ATDTDA (2): 36-41

Paul Nightingale isread at btopenworld.com
Sun Feb 11 10:13:43 CST 2007


Ch5 continues the transitional phase away from the Chums of Chance,
(re)introducing Lew Basnight, who immediately announces he has never heard
of the Chums (36). Lindsay asks: "What could you've been reading as a
youth?" What, indeed, given that, as a youth, Lew couldn't have been reading
the adventures of these Chums. Or could he?

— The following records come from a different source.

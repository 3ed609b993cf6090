-- ===== src/Jobs/Setup.antt =====
-- The mode, the limit and the id counter of jobs/job_manager.cpp over one call.
use drive_lab.Prelude.{
  ℕ, suc, ◌≤◌, ◌≡◌, refl, inl, inr, ◌||◌, ℤ, Option, is_negative, exceeds, leb, length, arith,
  Bool-cases,
}
use drive_lab.Operation.{OperationRequest}
use drive_lab.Result.{Error}
use drive_lab.Jobs.{JobRecord, JobManager, World, is_queued, is_locked}
use drive_lab.Jobs.Launch.{start_eligible_jobs}
use drive_lab.Jobs.Manager.{
  dispatch, enqueue, submit, update_progress, complete, mark_failed, pause, resume, cancel,
  cancel_queued, cancel_active, new_job,
}
use drive_lab.Jobs.Sound.{on_job_cases, cancel_cases}
use drive_lab.Jobs.Submit.{submit_cases}

pub record Kept (m m' : JobManager) : Type 0 where
  pub same_mode : m'.mode ≡ m.mode
  pub same_limit : m'.max_parallel_drives ≡ m.max_parallel_drives
  pub next_bound : m'.next_id ≤ suc m.next_id

Kept-same :
    (m m' : JobManager)
    → m'.mode ≡ m.mode
    → m'.max_parallel_drives ≡ m.max_parallel_drives
    → m'.next_id ≡ m.next_id
    → Kept m m'
Kept-same m m' a b c = record { same_mode = a; same_limit = b; next_bound = omega arith }

dispatch-Kept :
    (w : World) (m n : JobManager) (job : JobRecord) → Kept m n → Kept m (dispatch w job n)
unfolding dispatch
dispatch-Kept w m n job k = elim (Bool-cases (is_queued job.state)) [
  | inr plan ↦ rw plan k'
  | inl q ↦
      elim (Bool-cases (
        is_locked job.drive_id n.active_locks
        || leb n.max_parallel_drives (length n.active_locks))) [
          | inl wait ↦ rw (q, wait) k'
          | inr go ↦ rw (q, go) k'
        ]
]
  where
    k' : {js : _} {l : _} → Kept m (record n { jobs = js; ledger = l })
    k' = record { same_mode = k.same_mode; same_limit = k.same_limit; next_bound = k.next_bound }

module _ (w : World) (m : JobManager) where
  same : Kept m m
  same = Kept-same m m refl refl refl

  pub submit-Kept : (op : OperationRequest) → Kept m (submit w op m).0
  submit-Kept op = submit_cases (Kept m) w op m same λ id a e f.
      unfold enqueue in
      dispatch-Kept w m _ (new_job op id a m.next_id (w.now m.calls))
        (record { same_mode = refl; same_limit = refl; next_bound = omega arith })

  pub update_progress-Kept : (id : ℕ) (p : ℤ) (r : Option ℤ) → Kept m (update_progress id p r m).0
  unfolding update_progress
  update_progress-Kept id p r = on_job_cases (Kept m) id _ _ _ m same λ j e a.
      elim (Bool-cases (is_negative p || exceeds p 100)) [
        | inl bad ↦ rw bad same
        | inr good ↦ rw good (Kept-same m _ refl refl refl)
      ]

  pub complete-Kept : (id : ℕ) → Kept m (complete w id m).0
  unfolding complete start_eligible_jobs
  complete-Kept id = on_job_cases (Kept m) id _ _ _ m same λ j e a. Kept-same m _ refl refl refl

  pub mark_failed-Kept : (id : ℕ) (error : Error) → Kept m (mark_failed w id error m).0
  unfolding mark_failed start_eligible_jobs
  mark_failed-Kept id error =
      on_job_cases (Kept m) id _ _ _ m same λ j e a. Kept-same m _ refl refl refl

  pub pause-Kept : (id : ℕ) → Kept m (pause w id m).0
  unfolding pause
  pause-Kept id = on_job_cases (Kept m) id _ _ _ m same λ j e a. Kept-same m _ refl refl refl

  pub resume-Kept : (id : ℕ) → Kept m (resume w id m).0
  unfolding resume
  resume-Kept id = on_job_cases (Kept m) id _ _ _ m same λ j e a. Kept-same m _ refl refl refl

  pub cancel-Kept : (id : ℕ) → Kept m (cancel w id m).0
  cancel-Kept id =
      cancel_cases (Kept m) w id m same
        (λ j e q. unfold cancel_queued in Kept-same m _ refl refl refl)
        (λ j e a c. unfold cancel_active start_eligible_jobs in Kept-same m _ refl refl refl)

  pub update_progress-next_id :
      (id : ℕ) (p : ℤ) (r : Option ℤ) → (update_progress id p r m).0.next_id ≡ m.next_id
  unfolding update_progress
  update_progress-next_id id p r =
      on_job_cases (λ n. n.next_id ≡ m.next_id) id _ _ _ m refl
        λ j e a. elim (Bool-cases (is_negative p || exceeds p 100)) [
          | inl bad ↦ rw bad refl
          | inr good ↦ rw good refl
        ]

  pub complete-next_id : (id : ℕ) → (complete w id m).0.next_id ≡ m.next_id
  unfolding complete start_eligible_jobs
  complete-next_id id = on_job_cases (λ n. n.next_id ≡ m.next_id) id _ _ _ m refl λ j e a. refl

  pub mark_failed-next_id :
      (id : ℕ) (error : Error) → (mark_failed w id error m).0.next_id ≡ m.next_id
  unfolding mark_failed start_eligible_jobs
  mark_failed-next_id id error =
      on_job_cases (λ n. n.next_id ≡ m.next_id) id _ _ _ m refl λ j e a. refl

  pub pause-next_id : (id : ℕ) → (pause w id m).0.next_id ≡ m.next_id
  unfolding pause
  pause-next_id id = on_job_cases (λ n. n.next_id ≡ m.next_id) id _ _ _ m refl λ j e a. refl

  pub resume-next_id : (id : ℕ) → (resume w id m).0.next_id ≡ m.next_id
  unfolding resume
  resume-next_id id = on_job_cases (λ n. n.next_id ≡ m.next_id) id _ _ _ m refl λ j e a. refl

  pub cancel-next_id : (id : ℕ) → (cancel w id m).0.next_id ≡ m.next_id
  cancel-next_id id =
      cancel_cases (λ n. n.next_id ≡ m.next_id) w id m refl (λ j e q. unfold cancel_queued in refl)
        (λ j e a c. unfold cancel_active start_eligible_jobs in refl)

The new chapter begins by juxtaposing the fictional to the non-fictional,
and Lew's back-story, as noted, is Kafkaesque. In particular, the passage
(38-39) in which Lew struggles to identify the Chicago he currently inhabits
is expressionistic. The writing, it seems, in order to speak of that which
cannot be spoken, has to employ the fictional. Without wandering too far
from the schedule, one might note that Lew will, in the rest of the novel,
inhabit different fictional worlds.

Lew's past, and the "sin he was supposed once to have committed" have been
fictionalised: 37 begins with Randolph's comment that "the longer a fellow's
name has been in the magazines, the harder it is to tell fiction from
non-fiction", and then proceeds to Lew's representation, in the press. The
"close business associate" Wensleydale insists he has destroyed his name, by
which he means reputation (37-38); and then Troth--like Merle, Lew has a
broken marriage in his past--refers to the unspeakable nature of the crime
(38). Various experts try to explain, contradicting each other (37, and then
Drave on 39). 

Hence, the description of Chicago (38) has been filtered through Lew's
consciousness: "As he began again to walk, the first thing he noticed," etc.
And then: "Not for the first time he experienced a kind of waking swoon,
which not so much propelled as allowed him entry into an urban setting, like
the world he had left but differing in particulars which were not slow to
reveal themselves."

If Lew's back-story recalls that of Merle, his experiences here also recall
Scarsdale Vibe's description of "the world ... 'as we know it'" (34). At the
Esthonia Hotel Lew is worried that he cannot pay is way; it doesn't seem to
matter. When he says he cannot tip Hershel, he is introduced to the
"[r]everse tip" (40). The reference to religion breaks the link between sin
and penance as a form of payment (41).